That works out to about $2100 including shipping for a minimum order. Are you going to get standard Langstroth dimensions for top and bottom bars?


----------



## Brad Bee (Apr 15, 2013)

Are you going to order them or are you trying to get enough people involved to place an order? I was planning on making end bars and using standard top and bottom bars. If you're going to order them I would likely be interested in some. I don't know how many though. I was planning on doing a few hives as a test, not going overboard until I see how they work out.


----------



## tanksbees (Jun 16, 2014)

Brad Bee said:


> Are you going to order them or are you trying to get enough people involved to place an order? I was planning on making end bars and using standard top and bottom bars. If you're going to order them I would likely be interested in some. I don't know how many though. I was planning on doing a few hives as a test, not going overboard until I see how they work out.

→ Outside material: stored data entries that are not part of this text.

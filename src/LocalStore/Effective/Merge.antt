-- ===== src/LocalStore/Effective/Merge.antt =====
-- Installing and upgrading: what is in effect after a merge.
use lorelum.Prelude.{
  ok_inj, >>=-ok, ◌≡◌, refl, sym, ap, ◌∙◌, List, [], ◌∷◌, ◌++◌, true, Option, none, some, Text,
  text_eq_iff, text_eq_refl, keep, sort, any, any-append, any-sort, All, All-of-sort, if◌then◌else◌,
  arith, Bool-cases, inl, inr,
}
use lorelum.LocalStore.Effective.{
  PracticeSource, EffectivePractice, PackCandidate, ReconciledPractices, ok, Hashing, assert_all,
  source_before, not_from, check_candidate, build_effective_practices,
  reconcile_effective_practices, reconciled, refuse, replaces_other,
}
use lorelum.LocalStore.Effective.Delta.{digest_of}
use lorelum.LocalStore.Effective.Groups.{of_practice, source_digest, IsCoherent}
use lorelum.LocalStore.Effective.Build.{build_effective_practices_ok}

-- Every source claims the digest that `f` gives for its practice.
abbrev pub Claims : (Text → Option Text) → List PracticeSource → Type 0
Claims f ss = All (λ s. f s.practice_id ≡ some s.content_digest) ss

pub Claims-digest :
    (f : Text → Option Text) (id : Text) (ss : List PracticeSource)
    → Claims f ss
    → source_digest id ss ≡ (if any (of_practice id) ss then f id else none)
unfolding source_digest any
Claims-digest f id [] c = refl
Claims-digest f id (s ∷ ss) (e, c) = elim (Bool-cases (of_practice id s)) [
  | inl hit ↦ rw hit (sym e ∙ ap f ((text_eq_iff s.practice_id id).0 hit))
  | inr miss ↦ rw miss (Claims-digest f id ss c)
]

Claims-within :
    (f : Text → Option Text) (ss xs : List PracticeSource)
    → Claims f ss
    → Claims f xs
    → ((id : Text) → any (of_practice id) xs ≡ true → any (of_practice id) ss ≡ true)
    → All (λ s. source_digest s.practice_id ss ≡ some s.content_digest) xs
unfolding any
Claims-within f ss [] c cx inside = tt
Claims-within f ss (x ∷ xs) c (e, cx) inside = (
  Claims-digest f x.practice_id ss c
      ∙ rw (inside x.practice_id (rw (text_eq_refl x.practice_id))) e,
  Claims-within f ss xs c cx (λ id h. inside id (ground arith)),
)

-- So sources with such an `f` agree with one another.
pub Claims-IsCoherent :
    (f : Text → Option Text) (ss : List PracticeSource) → Claims f ss → IsCoherent ss
Claims-IsCoherent f ss c = Claims-within f ss ss c c (λ id h. h)

pub Claims-of-append :
    (f : Text → Option Text) (xs ys : List PracticeSource)
    → Claims f (xs ++ ys)
    → Claims f xs × Claims f ys
Claims-of-append f [] ys c = (tt, c)
Claims-of-append f (x ∷ xs) ys (e, c) = let (a, b) = Claims-of-append f xs ys c in ((e, a), b)

-- What the merged sources say, by the two parts that they come from.
source_digest-sort-append :
    (id : Text) (retained added : List PracticeSource)
    → IsCoherent (sort source_before (retained ++ added))
    → source_digest id (sort source_before (retained ++ added))
      ≡ (if any (of_practice id) added then source_digest id added else source_digest id retained)
source_digest-sort-append id retained added c =
    let f = λ (j : Text). source_digest j (sort source_before (retained ++ added)) in
    let both : Claims f (retained ++ added) =
      All-of-sort source_before (λ s. f s.practice_id ≡ some s.content_digest) (retained ++ added)
        c in
    let (in_retained, in_added) = Claims-of-append f retained added both in
    Claims-digest f id (sort source_before (retained ++ added)) c
    ∙ ground (
      arith,
      any-sort source_before (of_practice id) (retained ++ added),
      any-append (of_practice id) retained added,
      Claims-digest f id retained in_retained,
      Claims-digest f id added in_added,
    )

-- The steps of a merge that succeeded.
pub record Reconciling (h : Hashing) (existing : List PracticeSource) (candidate : PackCandidate)
    (replace : Option Text) (r : ReconciledPractices) : Type 0 where
  pub previous : List EffectivePractice
  pub next : List EffectivePractice
  pub candidate_valid : assert_all h candidate.sources (some candidate.name) ≡ ok tt
  pub existing_valid : assert_all h existing none ≡ ok tt
  pub built_before : build_effective_practices existing ≡ ok previous
  pub built_after :
      build_effective_practices
        (sort source_before (keep (not_from replace) existing ++ candidate.sources))
      ≡ ok next
  pub result :
      reconciled
        (sort source_before (keep (not_from replace) existing ++ candidate.sources))
        previous
        next
      ≡ r

pub reconcile-Reconciling :
    (h : Hashing) (existing : List PracticeSource) (candidate : PackCandidate)
    (replace : Option Text) (r : ReconciledPractices)
    → reconcile_effective_practices h existing candidate replace ≡ ok r
    → Reconciling h existing candidate replace r
unfolding reconcile_effective_practices
reconcile-Reconciling h existing candidate replace r e =
    let (_, _, e1) = >>=-ok (refuse (replaces_other replace candidate.name) _) _ e in
    let (_, valid, e2) = >>=-ok (assert_all h candidate.sources (some candidate.name)) _ e1 in
    let (_, old_valid, e3) = >>=-ok (assert_all h existing none) _ e2 in
    let (previous, before, e4) = >>=-ok (build_effective_practices existing) _ e3 in
    let (_, _, e5) =
      >>=-ok (check_candidate candidate.name (keep (not_from replace) existing) candidate.sources) _
        e4 in
    let (next, after, e6) =
      >>=-ok
        (build_effective_practices
          (sort source_before (keep (not_from replace) existing ++ candidate.sources)))
        _ e5 in
    record {
      previous = previous;
      next = next;
      candidate_valid = valid;
      existing_valid = old_valid;
      built_before = before;
      built_after = after;
      result = ok_inj e6;
    }

-- After a merge that succeeds, a practice that the candidate claims is in effect with the
-- candidate's digest, any other practice with the digest of the sources that were retained, and the
-- retained sources and the candidate's all agree.
pub reconcile_digests :
    (h : Hashing) (existing : List PracticeSource) (candidate : PackCandidate)
    (replace : Option Text) (r : ReconciledPractices)
    → reconcile_effective_practices h existing candidate replace ≡ ok r
    → IsCoherent r.sources
      × ((id : Text)
          → digest_of id r.effective_practices ≡ (
              if any (of_practice id) candidate.sources
              then source_digest id candidate.sources
              else source_digest id (keep (not_from replace) existing)))
reconcile_digests h existing candidate replace r e =
    let v = reconcile-Reconciling h existing candidate replace r e in
    let (coherent, digests) = build_effective_practices_ok _ v.next v.built_after in
    rw (← v.result) (
      coherent,
      λ id.
          digests id
          ∙ source_digest-sort-append id (keep (not_from replace) existing) candidate.sources
              coherent,
    )
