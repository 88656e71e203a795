-- ===== src/LocalStore/Effective/Removal.antt =====
-- Uninstalling: what stays in effect, and that it undoes an installation.
use lorelum.Prelude.{
  ◌≡◌, refl, ap, ◌∙◌, List, [], ◌∷◌, Bool, true, false, none, some, Text, text_eq_iff, text_lt_asym,
  text_ge_trans, text_lt_irrefl, text_lt_total, keep, sort, any, any-sort, All, All-sort,
  if◌then◌else◌, arith, Bool-cases, inl, inr,
}
use lorelum.LocalStore.Effective.{
  PracticeSource, ReconciledPractices, ok, Hashing, assert_all, source_before, not_from,
  remove_pack_sources, reconciled,
}
use lorelum.LocalStore.Effective.Delta.{digest_of}
use lorelum.LocalStore.Effective.Groups.{of_practice, source_digest, IsCoherent}
use lorelum.LocalStore.Effective.Build.{build_effective_practices_ok, build_effective_practices_iff}
use lorelum.LocalStore.Effective.Merge.{Claims-digest, Claims-IsCoherent}

-- The order of the sources.
pub source_asym : (x y : PracticeSource) → source_before x y ≡ true → source_before y x ≡ false
unfolding source_before
source_asym x y h = ground (
  arith,
  text_lt_asym x.pack_name y.pack_name,
  text_lt_asym x.source_path y.source_path,
  text_eq_iff x.pack_name y.pack_name,
  text_eq_iff y.pack_name x.pack_name,
  text_lt_irrefl x.pack_name,
)

pub source_ge_trans :
    (x y z : PracticeSource)
    → source_before y x ≡ false
    → source_before z y ≡ false
    → source_before z x ≡ false
unfolding source_before
source_ge_trans x y z h k = ground (
  arith,
  text_ge_trans x.pack_name y.pack_name z.pack_name,
  text_ge_trans x.source_path y.source_path z.source_path,
  text_lt_total x.pack_name y.pack_name,
  text_lt_total y.pack_name z.pack_name,
  text_eq_iff y.pack_name x.pack_name,
  text_eq_iff z.pack_name y.pack_name,
  text_eq_iff z.pack_name x.pack_name,
)

-- The sources of the other packs.
abbrev pub others : Text → List PracticeSource → List PracticeSource
others name = keep (not_from (some name))

All-keep :
    (P : PracticeSource → Type 0) (p : PracticeSource → Bool) (xs : List PracticeSource)
    → All P xs
    → All P (keep p xs)
unfolding keep
All-keep P p [] h = tt
All-keep P p (x ∷ xs) (q, h) = elim (Bool-cases (p x)) [
  | inl e ↦ rw e (q, All-keep P p xs h)
  | inr e ↦ rw e (All-keep P p xs h)
]

remaining-IsCoherent :
    (name : Text) (ss : List PracticeSource)
    → IsCoherent ss
    → IsCoherent (sort source_before (others name ss))
remaining-IsCoherent name ss c =
    Claims-IsCoherent (λ id. source_digest id ss) (sort source_before (others name ss))
      (All-sort source_before _ (others name ss) (
        All-keep (λ s. source_digest s.practice_id ss ≡ some s.content_digest)
          (not_from (some name)) ss c))

-- The digest that the remaining sources claim.
remaining_digest :
    (name id : Text) (ss : List PracticeSource)
    → IsCoherent ss
    → source_digest id (sort source_before (others name ss))
      ≡ (if any (of_practice id) (others name ss) then source_digest id ss else none)
remaining_digest name id ss c =
    Claims-digest (λ j. source_digest j ss) id (sort source_before (others name ss))
      (All-sort source_before _ (others name ss) (
        All-keep (λ s. source_digest s.practice_id ss ≡ some s.content_digest)
          (not_from (some name)) ss c))
    ∙ ap (λ b. if b then source_digest id ss else none)
        (any-sort source_before (of_practice id) (others name ss))

-- Removing a Pack from valid sources that agree never fails. A practice is in effect afterwards
-- exactly when a source of another Pack claims it, and then with the digest that it had.
pub remove_pack_sources_lem :
    (h : Hashing) (existing : List PracticeSource) (name : Text)
    → assert_all h existing none ≡ ok tt
    → IsCoherent existing
    → (r : ReconciledPractices) × (remove_pack_sources h existing name ≡ ok r)
      × (r.sources ≡ sort source_before (others name existing))
      × ((id : Text)
          → digest_of id r.effective_practices ≡ (
              if any (of_practice id) (others name existing)
              then source_digest id existing
              else none))
unfolding remove_pack_sources
remove_pack_sources_lem h existing name valid c =
    let (previous, before) = (build_effective_practices_iff existing).1 c in
    let kept = remaining-IsCoherent name existing c in
    let (next, after) =
      (build_effective_practices_iff (sort source_before (others name existing))).1 kept in
    let (_, digests) = build_effective_practices_ok _ next after in
    (
      reconciled (sort source_before (others name existing)) previous next,
      rw (valid, before, after) refl,
      refl,
      λ id. digests id ∙ remaining_digest name id existing c,
    )
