-- ===== src/LocalStore/Effective/Undo.antt =====
-- Uninstalling a Pack undoes its installation.
use mathlib.Core.List.{append-nil}
use lorelum.Prelude.{
  >>=-ok, ◌≡◌, refl, sym, ap, subst, ◌∙◌, List, [], ◌∷◌, ◌++◌, Bool, true, false, Option, none,
  some, Text, keep, keep-append, keep-sort, sort, any, any-sort, All, All-imp, All-append, All-sort,
  All-of-sort, sort_of_Sorted, sort-Sorted, if◌then◌else◌,
}
use lorelum.LocalStore.Effective.{
  MergeError, PracticeSource, PackCandidate, ReconciledPractices, ok, Hashing, assert_valid_source,
  assert_all, source_before, not_from, differs_from, reconcile_effective_practices,
  remove_pack_sources, refuse,
}
use lorelum.LocalStore.Effective.Delta.{digest_of}
use lorelum.LocalStore.Effective.Groups.{of_practice, source_digest}
use lorelum.LocalStore.Effective.Merge.{
  Claims, Claims-digest, Claims-of-append, Reconciling, reconcile-Reconciling, reconcile_digests,
}
use lorelum.LocalStore.Effective.Removal.{
  others, source_asym, source_ge_trans, remove_pack_sources_lem,
}

refuse-ok : (b : Bool) (e : MergeError) → refuse b e ≡ ok tt → b ≡ false
refuse-ok true e h = cc
refuse-ok false e h = refl

module _ (h : Hashing) where
  assert_all-All :
      (ss : List PracticeSource) (expected : Option Text)
      → assert_all h ss expected ≡ ok tt
      → All (λ s. assert_valid_source h s expected ≡ ok tt) ss
  unfolding assert_all
  assert_all-All [] expected e = tt
  assert_all-All (s ∷ ss) expected e =
      let (u, first, rest) = >>=-ok (assert_valid_source h s expected) _ e in
      (first, assert_all-All ss expected rest)

  All-assert_all :
      (ss : List PracticeSource) (expected : Option Text)
      → All (λ s. assert_valid_source h s expected ≡ ok tt) ss
      → assert_all h ss expected ≡ ok tt
  unfolding assert_all
  All-assert_all [] expected e = refl
  All-assert_all (s ∷ ss) expected (e, es) = rw e (All-assert_all ss expected es)

  -- A source of the expected Pack is valid wherever it stands.
  assert_valid_anywhere :
      (name : Text) (s : PracticeSource)
      → assert_valid_source h s (some name) ≡ ok tt
      → (assert_valid_source h s none ≡ ok tt) × (not_from (some name) s ≡ false)
  unfolding assert_valid_source
  assert_valid_anywhere name s e =
      let (u, same, rest) = >>=-ok (refuse (differs_from (some name) s) _) _ e in
      (rest, refuse-ok _ _ same)

  keep-none : (ss : List PracticeSource) → keep (not_from none) ss ≡ ss
  unfolding keep
  keep-none [] = refl
  keep-none (s ∷ ss) = ap (◌∷◌ s) (keep-none ss)

  others_of_pack :
      (name : Text) (ss : List PracticeSource)
      → All (λ s. assert_valid_source h s (some name) ≡ ok tt) ss
      → others name ss ≡ []
  unfolding keep
  others_of_pack name [] e = refl
  others_of_pack name (s ∷ ss) (e, es) =
      rw (assert_valid_anywhere name s e).1 (others_of_pack name ss es)

  -- What a removal keeps of the merged sources.
  others_of_merge :
      (existing : List PracticeSource) (candidate : PackCandidate)
      → All (λ s. assert_valid_source h s (some candidate.name) ≡ ok tt) candidate.sources
      → others candidate.name existing ≡ existing
      → others candidate.name
          (sort source_before (keep (not_from none) existing ++ candidate.sources))
        ≡ sort source_before existing
  others_of_merge existing candidate valid absent =
      keep-sort source_before source_asym source_ge_trans (not_from (some candidate.name))
        (keep (not_from none) existing ++ candidate.sources)
      ∙ ap (sort source_before) (
          rw (keep-none existing) (
            keep-append (not_from (some candidate.name)) existing candidate.sources
            ∙ rw (absent, others_of_pack candidate.name candidate.sources valid)
                (append-nil existing)))

-- Where the merge of a Pack that no existing source comes from succeeded, its removal succeeds, leaves
-- the sources that were there before, in order, and puts every practice in effect with the digest
-- that those sources claim.
pub remove-reconcile :
    (h : Hashing) (existing : List PracticeSource) (candidate : PackCandidate)
    (r : ReconciledPractices)
    → others candidate.name existing ≡ existing
    → reconcile_effective_practices h existing candidate none ≡ ok r
    → (r' : ReconciledPractices) × (remove_pack_sources h r.sources candidate.name ≡ ok r')
      × (r'.sources ≡ sort source_before existing)
      × ((id : Text) → digest_of id r'.effective_practices ≡ source_digest id existing)
remove-reconcile h existing candidate r absent e =
    let (r', removed, left, digests) =
      remove_pack_sources_lem h r.sources candidate.name all_valid
        (reconcile_digests h existing candidate none r e).0 in
    (
      r',
      removed,
      left
          ∙ ap (sort source_before) kept
          ∙ sort_of_Sorted source_before source_asym source_ge_trans (sort source_before existing)
              (sort-Sorted source_before source_asym source_ge_trans existing),
      λ id. digests id ∙ same id,
    )
  where
    v : Reconciling h existing candidate none r
    v = reconcile-Reconciling h existing candidate none r e

    merged : List PracticeSource
    merged = sort source_before (keep (not_from none) existing ++ candidate.sources)

    sources : r.sources ≡ merged
    sources = rw (← v.result) refl

    own : All (λ s. assert_valid_source h s (some candidate.name) ≡ ok tt) candidate.sources
    own = assert_all-All h candidate.sources (some candidate.name) v.candidate_valid

    kept : others candidate.name r.sources ≡ sort source_before existing
    kept = ap (others candidate.name) sources ∙ others_of_merge h existing candidate own absent

    all_valid : assert_all h r.sources none ≡ ok tt
    all_valid = rw sources (
        All-assert_all h merged none (
          All-sort source_before _ (keep (not_from none) existing ++ candidate.sources) (
            All-append _ (keep (not_from none) existing) candidate.sources
              (rw (keep-none h existing) (assert_all-All h existing none v.existing_valid))
              (All-imp _ _ (λ s k. (assert_valid_anywhere h candidate.name s k).0) candidate.sources
                own))))

    f : Text → Option Text
    f id = source_digest id r.sources

    agree : Claims f existing
    agree =
        rw (keep-none h existing) at
          (Claims-of-append f (keep (not_from none) existing) candidate.sources (
            All-of-sort source_before _ (keep (not_from none) existing ++ candidate.sources)
              (subst (Claims f) sources (reconcile_digests h existing candidate none r e).0))).0

    same :
        (id : Text)
        → (if any (of_practice id) (others candidate.name r.sources) then f id else none)
          ≡ source_digest id existing
    same id = rw kept (
        rw (any-sort source_before (of_practice id) existing)
          (sym (Claims-digest f id existing agree)))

I don't know yet. The price is fantastic but the minimum order quantity is far higher than the 100 I want to order!


----------



## tanksbees (Jun 16, 2014)

Fusion_power said:


> That works out to about $2100 including shipping for a minimum order. Are you going to get standard Langstroth dimensions for top and bottom bars?


I think I put 3/8" on the spec sheet. I was mostly fishing for a price, I will have to double check everything if this actually happens - it won't happen unless someone wants to commit to the 2900 frames I don't want


----------



## Brad Bee (Apr 15, 2013)

tanksbees said:


> I don't know yet. The price is fantastic but the minimum order quantity is far higher than the 100 I want to order!


Yeah, no joke. I'd take 50 for sure and 100 if I had to. 2800 to go! LOL


----------



## DerTiefster (Oct 27, 2016)

What came of this? I had the same idea and fleshed it out over the past couple of weeks. I was considering making my own side bars, as was Brad Bee from post #18. I'd have had no need for extraction, considering these strictly as brood frames.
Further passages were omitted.